Asklepion and the use of Dreams for curing diseases with the help of the Gods
In Ancient Greece, the god Asklepios (Asclepius) was a powerful god related to medicine who, according to the Greek mythology, had the power to bring people back from dead – a power that many ancient gods from multiple mythologies had. He was one of the sons of the god Apollo.
We are all familiar with Asclepius in a way, since the symbol that is used for medicine, the snake entwined staff, was the rod of Asclepius – a tool that he used probably given to him by the gods. Asclepius was brought up by the mysterious figure of ancient Greek mythology, the centaur Chiron, who raised Asclepius and taught him about the art of medicine. Because Asclepius used his powers to bring people from Hades (meaning resurrecting them), the God of Hades complained to Zeus because Asclepius converted many people from humans to immortals. The result was for Zeus to kill Asclepius with thunder.
Asklepion (Asclepeion) were holy temples for worshiping Asclepius, but at the same time they were the first known hospitals in the history of western civilization. There were approximately 320 Asklepion (hospitals) in Ancient Greece. What is important is that for the healing of the patients a holistic method was used by Asclepius. Disease was considered a result of multiple social, environmental, psychological, spiritual, emotional and physical interactions. And for health to exist there is a need for balancing and harmonizing all those factors and as an additional measure medical intervention (surgery or medicine) would be applied. That was a perfect balance between science and spirituality.
At the Asklepion, the patient would stay in a nice environment and enjoy theatre and music as well as having diet changes, hydrotherapy and psychotherapy. Once the therapists would decide that the patient was ready, then he would be sent to the temple for praying and sleeping inside the temple. The next morning, the patient would tell the doctor what dreams he had experienced – it was believed that dreams recounted a visit by the Asclepius, who held the key to curing all illness. The patient would then be given instructions for healing, according to the dream.

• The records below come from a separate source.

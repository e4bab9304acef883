-- ===== src/Tls/Trust.antt =====
-- Whom the server and the client of the backend verify. Verification itself, `verify`, is that of
-- crypto/x509: against the roots of a pool, or those of the system if there is none.
use Prim.Native.String.{String}
use grpcmcp.Base.{
  is_some, ℕ, ◌≡◌, refl, sym, ap, ◌∙◌, Bool, true, false, not, ◌&&◌, ◌||◌, Option, none, some, List,
  arith, ◌==◌, if◌then◌else◌,
}
use grpcmcp.Base.Results.{Result, ok, err, ◌>>=◌, bind-eq-ok}
use grpcmcp.Cert.{Disk, Reloader, new_cert_reloader}
use grpcmcp.Tls.{
  no_client_cert, require_and_verify_client_cert, Config, HttpServer, HttpClient,
  cert_pool_from_file, server_tls_config, serve_tls, with_roots, with_client_certificate,
  backend_tls_client, empty_config,
}

-- what crypto/tls documents of a server: whether the handshake with a client goes on that presents
-- this certificate, or none
abbrev pub admits :
    {Pool Cert : Type 0} → (Option Pool → Cert → Bool) → Config Pool → Option Cert → Bool
admits verify cfg presented = elim cfg.client_auth [
  | no_client_cert ↦ true
  | require_and_verify_client_cert ↦ elim presented [
    | none ↦ false
    | some c ↦ verify cfg.client_cas c
  ]
]

-- the policy of the options: without a CA file any client, else one that its roots verify
abbrev pub verified_by :
    {Pool Cert : Type 0} → (Option Pool → Cert → Bool) → Result String Pool → Option Cert → Bool
verified_by verify (err e) presented = false
verified_by verify (ok pool) none = false
verified_by verify (ok pool) (some c) = verify (some pool) c

module _ {Pool Cert : Type 0} (verify : Option Pool → Cert → Bool) (presented : Option Cert) where
  abbrev admits_of : {Handler : Type 0} → Result String (HttpServer Pool Handler) → Bool
  admits_of (ok server) = admits verify server.tls_config presented
  admits_of (err e) = true

  abbrev admits_with : Option Reloader → Result String (Config Pool) → Bool
  admits_with reloader (ok cfg) =
      admits verify (record cfg { get_certificate = reloader }) presented
  admits_with reloader (err e) = true

  config-policy :
      (pool : Result String Pool) (any_client : Bool) (cfg : Config Pool)
      (reloader : Option Reloader)
      → (if any_client
          then ok empty_config
          else pool >>= λ p. ok (record empty_config {
            client_cas = some p;
            client_auth = require_and_verify_client_cert;
          }))
        ≡ ok cfg
      → admits verify (record cfg { get_certificate = reloader }) presented
        ≡ (if any_client then true else verified_by verify pool presented)
  config-policy pool true cfg reloader h = sym (ap (admits_with reloader) h)
  config-policy (err e) false cfg reloader h = ground arith
  config-policy (ok p) false cfg reloader h =
      sym (ap (admits_with reloader) h) ∙ required p presented
    where
      required :
          (p : Pool) (c : Option Cert)
          → admits verify
              (record empty_config {
                client_cas = some p;
                client_auth = require_and_verify_client_cert;
                get_certificate = reloader;
              })
              c
            ≡ verified_by verify (ok p) c
      required p none = refl
      required p (some c) = refl

module _ {Pems Pool Handler Cert : Type 0} (read_file : String → Result String Pems)
    (append_certs : Pems → Option Pool) (format : ℕ → String) (disk : Disk)
    (verify : Option Pool → Cert → Bool) where
  -- A server that listens admits exactly the clients of its policy: all without a CA file, and with one
  -- those that present a certificate which the roots of that file verify.
  pub serve_tls-admits :
      (handler : Handler) (addr ca_file cert_file key_file : String)
      (server : HttpServer Pool Handler)
      → serve_tls read_file append_certs format disk handler addr ca_file cert_file key_file
        ≡ ok server
      → (presented : Option Cert)
      → admits verify server.tls_config presented ≡ (
          if ca_file == ""
          then true
          else verified_by verify (cert_pool_from_file read_file append_certs ca_file) presented)
  unfolding serve_tls server_tls_config
  serve_tls-admits handler addr ca_file cert_file key_file server h presented =
      let (cfg, made_cfg, next) =
        bind-eq-ok (server_tls_config read_file append_certs ca_file) _ h in
      let ((reloader, log), loaded, last) =
        bind-eq-ok (new_cert_reloader format cert_file key_file disk) _ next in
      sym (ap (admits_of verify presented) last)
      ∙ config-policy verify presented (cert_pool_from_file read_file append_certs ca_file)
          (ca_file == "") cfg (some reloader) made_cfg

module _ {Pool : Type 0} where
  abbrev cfg_of : Result String (Config Pool) → Config Pool
  cfg_of (ok cfg) = cfg
  cfg_of (err e) = empty_config

  roots-set :
      (pool : Result String Pool) (none_given : Bool) (cfg : Config Pool)
      → (if none_given
          then ok empty_config
          else pool >>= λ p. ok (record empty_config { root_cas = some p }))
        ≡ ok cfg
      → (is_some cfg.root_cas ≡ not none_given) × (cfg.get_client_certificate ≡ none)
  roots-set pool true cfg h = (
    sym (ap (λ r. is_some (cfg_of r).root_cas) h),
    sym (ap (λ r. (cfg_of r).get_client_certificate) h),
  )
  roots-set (ok p) false cfg h = (
    sym (ap (λ r. is_some (cfg_of r).root_cas) h),
    sym (ap (λ r. (cfg_of r).get_client_certificate) h),
  )
  roots-set (err e) false cfg h = ground arith

  -- what `with_client_certificate` sets
  certificate-set :
      (loaded : Result String (Reloader × List String)) (no_cert no_key : Bool)
      (cfg full : Config Pool) (message : String)
      → cfg.get_client_certificate ≡ none
      → (if no_cert && no_key
          then ok cfg
          else if no_cert || no_key
          then err message
          else loaded >>= λ (reloader, log).
              ok (record cfg { get_client_certificate = some reloader }))
        ≡ ok full
      → (full.root_cas ≡ cfg.root_cas)
        × (is_some full.get_client_certificate ≡ not no_cert)
        × (no_cert ≡ no_key)
  certificate-set loaded true true cfg full message bare h = (
    sym (ap (λ r. (cfg_of r).root_cas) h),
    sym (ap (λ r. is_some (cfg_of r).get_client_certificate) h) ∙ ap is_some bare,
    refl,
  )
  certificate-set loaded true false cfg full message bare h = ground arith
  certificate-set loaded false true cfg full message bare h = ground arith
  certificate-set (err e) false false cfg full message bare h = ground arith
  certificate-set (ok (reloader, log)) false false cfg full message bare h = (
    sym (ap (λ r. (cfg_of r).root_cas) h),
    sym (ap (λ r. is_some (cfg_of r).get_client_certificate) h),
    refl,
  )

  abbrev config_of : Result String (Option (HttpClient Pool)) → Config Pool
  config_of (ok (some client)) = client.tls_client_config
  config_of _ = empty_config

  abbrev forces_http2 : Result String (Option (HttpClient Pool)) → Bool
  forces_http2 (ok (some client)) = client.force_attempt_http2
  forces_http2 _ = true

  client-built :
      (none_given : Bool) (cfgs : Result String (Config Pool))
      (complete : Config Pool → Result String (Config Pool)) (client : HttpClient Pool)
      → (if none_given
          then ok none
          else cfgs >>= λ cfg. complete cfg >>= λ full.
              ok (some (record { tls_client_config = full; force_attempt_http2 = true })))
        ≡ ok (some client)
      → (cfg full : Config Pool) × (cfgs ≡ ok cfg)
        × (complete cfg ≡ ok full)
        × (full ≡ client.tls_client_config)
        × (client.force_attempt_http2 ≡ true)
  client-built true cfgs complete client h = ground arith
  client-built false cfgs complete client h =
      let (cfg, first, next) = bind-eq-ok cfgs _ h in
      let (full, second, last) = bind-eq-ok (complete cfg) _ next in
      (cfg, full, first, second, ap config_of last, sym (ap forces_http2 last))

module _ {Pems Pool : Type 0} (read_file : String → Result String Pems)
    (append_certs : Pems → Option Pool) (format : ℕ → String) (disk : Disk) where
  -- A client for the backend verifies it against the roots of a CA file exactly if one is given,
  -- presents a certificate exactly if the two files for it are given, of which it never has one alone,
  -- and asks for HTTP/2.
  pub backend_tls_client-sets :
      (ca_file cert_file key_file : String) (client : HttpClient Pool)
      → backend_tls_client read_file append_certs format disk ca_file cert_file key_file
        ≡ ok (some client)
      → (is_some client.tls_client_config.root_cas ≡ not (ca_file == ""))
        × (is_some client.tls_client_config.get_client_certificate ≡ not (cert_file == ""))
        × ((cert_file == "") ≡ (key_file == ""))
        × (client.force_attempt_http2 ≡ true)
  unfolding backend_tls_client with_roots with_client_certificate
  backend_tls_client-sets ca_file cert_file key_file client h =
      let (cfg, full, with_ca, with_cert, same, http2) =
        client-built (ca_file == "" && cert_file == "" && key_file == "")
          (with_roots read_file append_certs ca_file empty_config)
          (with_client_certificate format disk cert_file key_file) client h in
      let (roots, bare) =
        roots-set (cert_pool_from_file read_file append_certs ca_file) (ca_file == "") cfg
          with_ca in
      let (kept, certificate, pair) =
        certificate-set (new_cert_reloader format cert_file key_file disk) (cert_file == "")
          (key_file == "") cfg full _ bare with_cert in
      (
        ap (λ c. is_some c.root_cas) (sym same) ∙ ap is_some kept ∙ roots,
        ap (λ c. is_some c.get_client_certificate) (sym same) ∙ certificate,
        pair,
        http2,
      )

It is interesting to see how in 1,000 BC the approach to healing was not only completely different, but also much more effective. And today, 3,000 years later, we gradually begin to reconsider going back to the methods that were used in ancient Greece. Many of the rituals that were used by ancient Greece in the Asklepion were later incorporated into the Christian religion (but Asclepius was replaced with Saints and Christian deities). During the last few years a few alternative healing centres have popped up all over the world, including those that use dreams as a method for assisting healing.
Why did this valuable holistic approach in which the patient was treated with humanity and care disappear for so many years? And how did we give birth to powerful pharmaceutical companies and medicine that do not cure but only postpone disease? Whether Asclepius was a real God or not, or whether he could really cure the patients doesn’t matter. What matters is that medicine in ancient times was more natural, more holistic and more effective in searching for the root of the problem and treated the patient with care.